**Assignment:**
Count, in the entries below, the lines in which "them" occurs. Give the number, nothing more.

**Provided information:**
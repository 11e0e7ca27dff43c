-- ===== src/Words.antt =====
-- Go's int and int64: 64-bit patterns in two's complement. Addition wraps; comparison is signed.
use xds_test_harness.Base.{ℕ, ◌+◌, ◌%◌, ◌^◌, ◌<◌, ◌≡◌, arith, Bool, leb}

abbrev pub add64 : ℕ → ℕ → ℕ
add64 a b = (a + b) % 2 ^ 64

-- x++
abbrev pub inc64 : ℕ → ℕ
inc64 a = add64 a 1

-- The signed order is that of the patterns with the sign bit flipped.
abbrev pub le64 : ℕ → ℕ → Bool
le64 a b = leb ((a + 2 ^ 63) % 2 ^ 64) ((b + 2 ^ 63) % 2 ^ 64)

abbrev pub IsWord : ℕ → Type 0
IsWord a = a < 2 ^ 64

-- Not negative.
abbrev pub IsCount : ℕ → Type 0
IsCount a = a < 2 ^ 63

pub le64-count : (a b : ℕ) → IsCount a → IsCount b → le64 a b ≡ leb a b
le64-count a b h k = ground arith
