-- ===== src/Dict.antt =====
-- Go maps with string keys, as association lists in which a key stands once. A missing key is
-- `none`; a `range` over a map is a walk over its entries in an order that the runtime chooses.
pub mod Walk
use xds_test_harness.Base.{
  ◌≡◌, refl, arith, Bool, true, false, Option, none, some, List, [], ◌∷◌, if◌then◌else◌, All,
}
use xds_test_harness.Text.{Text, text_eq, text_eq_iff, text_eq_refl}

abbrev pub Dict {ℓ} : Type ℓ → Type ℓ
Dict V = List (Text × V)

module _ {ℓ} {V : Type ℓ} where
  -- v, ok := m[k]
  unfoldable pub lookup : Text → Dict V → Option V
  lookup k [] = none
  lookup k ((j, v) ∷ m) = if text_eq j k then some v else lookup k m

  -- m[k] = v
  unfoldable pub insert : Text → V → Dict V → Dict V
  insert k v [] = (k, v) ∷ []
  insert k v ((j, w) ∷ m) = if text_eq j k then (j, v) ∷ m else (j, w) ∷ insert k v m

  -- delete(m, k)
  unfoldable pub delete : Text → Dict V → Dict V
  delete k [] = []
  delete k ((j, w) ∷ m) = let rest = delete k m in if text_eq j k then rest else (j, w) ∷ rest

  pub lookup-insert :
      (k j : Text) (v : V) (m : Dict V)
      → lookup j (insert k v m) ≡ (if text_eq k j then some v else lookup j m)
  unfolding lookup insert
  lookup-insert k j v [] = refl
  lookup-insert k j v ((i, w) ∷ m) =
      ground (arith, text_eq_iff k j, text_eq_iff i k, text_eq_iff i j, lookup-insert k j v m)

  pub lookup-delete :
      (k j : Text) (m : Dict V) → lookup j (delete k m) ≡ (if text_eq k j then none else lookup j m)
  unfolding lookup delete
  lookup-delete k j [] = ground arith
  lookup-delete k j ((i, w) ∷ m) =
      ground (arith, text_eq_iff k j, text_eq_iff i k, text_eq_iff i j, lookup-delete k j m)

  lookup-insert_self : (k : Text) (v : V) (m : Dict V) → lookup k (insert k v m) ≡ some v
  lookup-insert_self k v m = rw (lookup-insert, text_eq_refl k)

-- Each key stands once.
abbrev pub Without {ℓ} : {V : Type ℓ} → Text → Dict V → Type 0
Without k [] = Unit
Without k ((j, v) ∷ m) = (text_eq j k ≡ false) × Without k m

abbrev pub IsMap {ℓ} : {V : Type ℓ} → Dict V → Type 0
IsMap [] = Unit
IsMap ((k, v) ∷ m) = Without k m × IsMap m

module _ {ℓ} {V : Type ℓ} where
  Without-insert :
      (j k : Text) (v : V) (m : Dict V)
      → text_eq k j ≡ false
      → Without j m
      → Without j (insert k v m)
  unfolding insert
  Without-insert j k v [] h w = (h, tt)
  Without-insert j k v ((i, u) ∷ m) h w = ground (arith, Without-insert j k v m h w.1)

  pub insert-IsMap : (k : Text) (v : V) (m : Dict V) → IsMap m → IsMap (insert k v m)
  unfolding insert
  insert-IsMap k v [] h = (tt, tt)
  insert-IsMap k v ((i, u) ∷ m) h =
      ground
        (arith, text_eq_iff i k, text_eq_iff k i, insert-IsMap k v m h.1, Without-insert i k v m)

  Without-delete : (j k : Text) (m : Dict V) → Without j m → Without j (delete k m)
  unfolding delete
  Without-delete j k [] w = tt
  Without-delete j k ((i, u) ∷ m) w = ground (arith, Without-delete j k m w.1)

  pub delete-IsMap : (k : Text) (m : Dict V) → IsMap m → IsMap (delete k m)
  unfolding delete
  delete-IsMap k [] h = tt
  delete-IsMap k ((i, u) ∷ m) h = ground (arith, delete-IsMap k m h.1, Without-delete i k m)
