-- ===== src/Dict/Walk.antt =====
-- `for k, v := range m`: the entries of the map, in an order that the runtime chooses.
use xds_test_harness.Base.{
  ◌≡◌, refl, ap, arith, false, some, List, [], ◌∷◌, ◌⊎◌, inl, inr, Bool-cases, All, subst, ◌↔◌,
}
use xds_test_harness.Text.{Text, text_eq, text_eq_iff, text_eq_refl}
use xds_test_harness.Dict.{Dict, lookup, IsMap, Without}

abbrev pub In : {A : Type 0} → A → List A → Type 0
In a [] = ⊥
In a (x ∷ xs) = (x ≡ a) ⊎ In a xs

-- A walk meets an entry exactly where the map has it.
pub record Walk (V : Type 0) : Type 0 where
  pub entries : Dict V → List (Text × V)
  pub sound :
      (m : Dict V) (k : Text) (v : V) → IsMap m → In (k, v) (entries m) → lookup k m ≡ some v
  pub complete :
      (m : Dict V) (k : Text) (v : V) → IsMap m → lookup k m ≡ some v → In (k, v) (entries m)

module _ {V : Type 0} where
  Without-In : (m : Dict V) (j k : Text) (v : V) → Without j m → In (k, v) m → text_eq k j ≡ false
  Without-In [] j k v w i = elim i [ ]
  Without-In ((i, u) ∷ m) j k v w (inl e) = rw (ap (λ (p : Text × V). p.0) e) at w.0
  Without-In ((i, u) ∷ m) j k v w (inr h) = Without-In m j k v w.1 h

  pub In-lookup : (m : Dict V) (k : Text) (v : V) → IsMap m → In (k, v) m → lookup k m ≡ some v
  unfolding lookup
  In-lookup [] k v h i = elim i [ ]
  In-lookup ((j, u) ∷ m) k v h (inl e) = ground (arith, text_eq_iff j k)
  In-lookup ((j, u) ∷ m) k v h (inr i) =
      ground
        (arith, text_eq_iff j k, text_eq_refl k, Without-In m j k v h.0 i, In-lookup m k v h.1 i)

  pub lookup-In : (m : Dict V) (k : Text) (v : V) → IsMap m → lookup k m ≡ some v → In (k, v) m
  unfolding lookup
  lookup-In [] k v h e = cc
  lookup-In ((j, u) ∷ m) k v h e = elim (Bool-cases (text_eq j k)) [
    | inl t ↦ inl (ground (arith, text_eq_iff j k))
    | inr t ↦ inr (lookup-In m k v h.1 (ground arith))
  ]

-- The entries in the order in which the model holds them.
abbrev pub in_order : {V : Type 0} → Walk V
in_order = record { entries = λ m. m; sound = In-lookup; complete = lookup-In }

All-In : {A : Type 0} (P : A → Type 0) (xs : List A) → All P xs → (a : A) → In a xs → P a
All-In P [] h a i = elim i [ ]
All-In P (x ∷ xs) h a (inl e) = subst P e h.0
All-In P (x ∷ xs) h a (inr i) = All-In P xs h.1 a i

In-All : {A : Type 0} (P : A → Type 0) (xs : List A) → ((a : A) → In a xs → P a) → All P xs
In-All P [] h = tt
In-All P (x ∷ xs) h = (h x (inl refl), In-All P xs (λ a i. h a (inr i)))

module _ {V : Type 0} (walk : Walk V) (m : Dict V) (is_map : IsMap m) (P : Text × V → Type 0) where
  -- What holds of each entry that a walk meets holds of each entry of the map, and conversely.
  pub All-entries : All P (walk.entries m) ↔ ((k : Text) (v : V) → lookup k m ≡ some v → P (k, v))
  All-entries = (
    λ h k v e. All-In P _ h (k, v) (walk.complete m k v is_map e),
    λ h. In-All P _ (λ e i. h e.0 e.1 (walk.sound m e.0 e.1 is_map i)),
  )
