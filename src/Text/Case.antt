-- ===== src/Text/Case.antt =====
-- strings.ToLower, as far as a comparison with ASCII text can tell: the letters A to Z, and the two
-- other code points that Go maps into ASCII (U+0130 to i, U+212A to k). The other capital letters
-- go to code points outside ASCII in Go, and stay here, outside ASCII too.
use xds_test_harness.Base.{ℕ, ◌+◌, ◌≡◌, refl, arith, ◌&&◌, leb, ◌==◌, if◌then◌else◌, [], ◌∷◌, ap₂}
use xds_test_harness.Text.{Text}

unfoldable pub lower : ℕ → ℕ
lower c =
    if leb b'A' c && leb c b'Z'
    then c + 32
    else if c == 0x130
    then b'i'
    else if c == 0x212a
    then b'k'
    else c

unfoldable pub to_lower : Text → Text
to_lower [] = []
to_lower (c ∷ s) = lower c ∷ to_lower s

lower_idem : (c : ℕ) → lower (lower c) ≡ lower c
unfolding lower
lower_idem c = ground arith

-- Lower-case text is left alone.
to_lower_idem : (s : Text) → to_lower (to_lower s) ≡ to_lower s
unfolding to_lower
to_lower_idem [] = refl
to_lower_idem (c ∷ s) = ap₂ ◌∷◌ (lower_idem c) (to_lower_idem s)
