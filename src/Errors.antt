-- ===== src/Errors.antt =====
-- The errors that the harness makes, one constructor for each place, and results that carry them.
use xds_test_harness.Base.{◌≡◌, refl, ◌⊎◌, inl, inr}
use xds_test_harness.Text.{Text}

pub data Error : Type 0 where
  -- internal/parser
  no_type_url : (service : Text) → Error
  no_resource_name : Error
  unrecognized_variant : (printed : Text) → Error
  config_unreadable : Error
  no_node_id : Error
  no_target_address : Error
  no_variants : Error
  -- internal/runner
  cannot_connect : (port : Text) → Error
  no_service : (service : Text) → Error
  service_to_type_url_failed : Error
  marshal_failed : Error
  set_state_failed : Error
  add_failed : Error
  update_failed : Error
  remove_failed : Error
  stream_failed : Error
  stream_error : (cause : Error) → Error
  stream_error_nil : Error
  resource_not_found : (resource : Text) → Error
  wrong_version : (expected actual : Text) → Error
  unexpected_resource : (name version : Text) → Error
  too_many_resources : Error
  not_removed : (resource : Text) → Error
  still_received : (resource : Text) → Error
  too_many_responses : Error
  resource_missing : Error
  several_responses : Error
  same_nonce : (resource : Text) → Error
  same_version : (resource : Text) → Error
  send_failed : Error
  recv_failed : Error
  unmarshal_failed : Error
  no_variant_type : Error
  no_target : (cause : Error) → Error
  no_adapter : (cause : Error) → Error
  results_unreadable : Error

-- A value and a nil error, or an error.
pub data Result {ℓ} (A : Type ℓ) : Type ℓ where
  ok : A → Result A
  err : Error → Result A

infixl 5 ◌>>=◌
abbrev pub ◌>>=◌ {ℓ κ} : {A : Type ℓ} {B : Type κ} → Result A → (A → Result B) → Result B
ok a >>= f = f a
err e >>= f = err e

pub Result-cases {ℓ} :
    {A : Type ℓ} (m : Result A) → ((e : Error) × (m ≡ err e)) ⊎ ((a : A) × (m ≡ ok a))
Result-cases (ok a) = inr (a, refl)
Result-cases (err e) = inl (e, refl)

**Solution to the exercise:**
2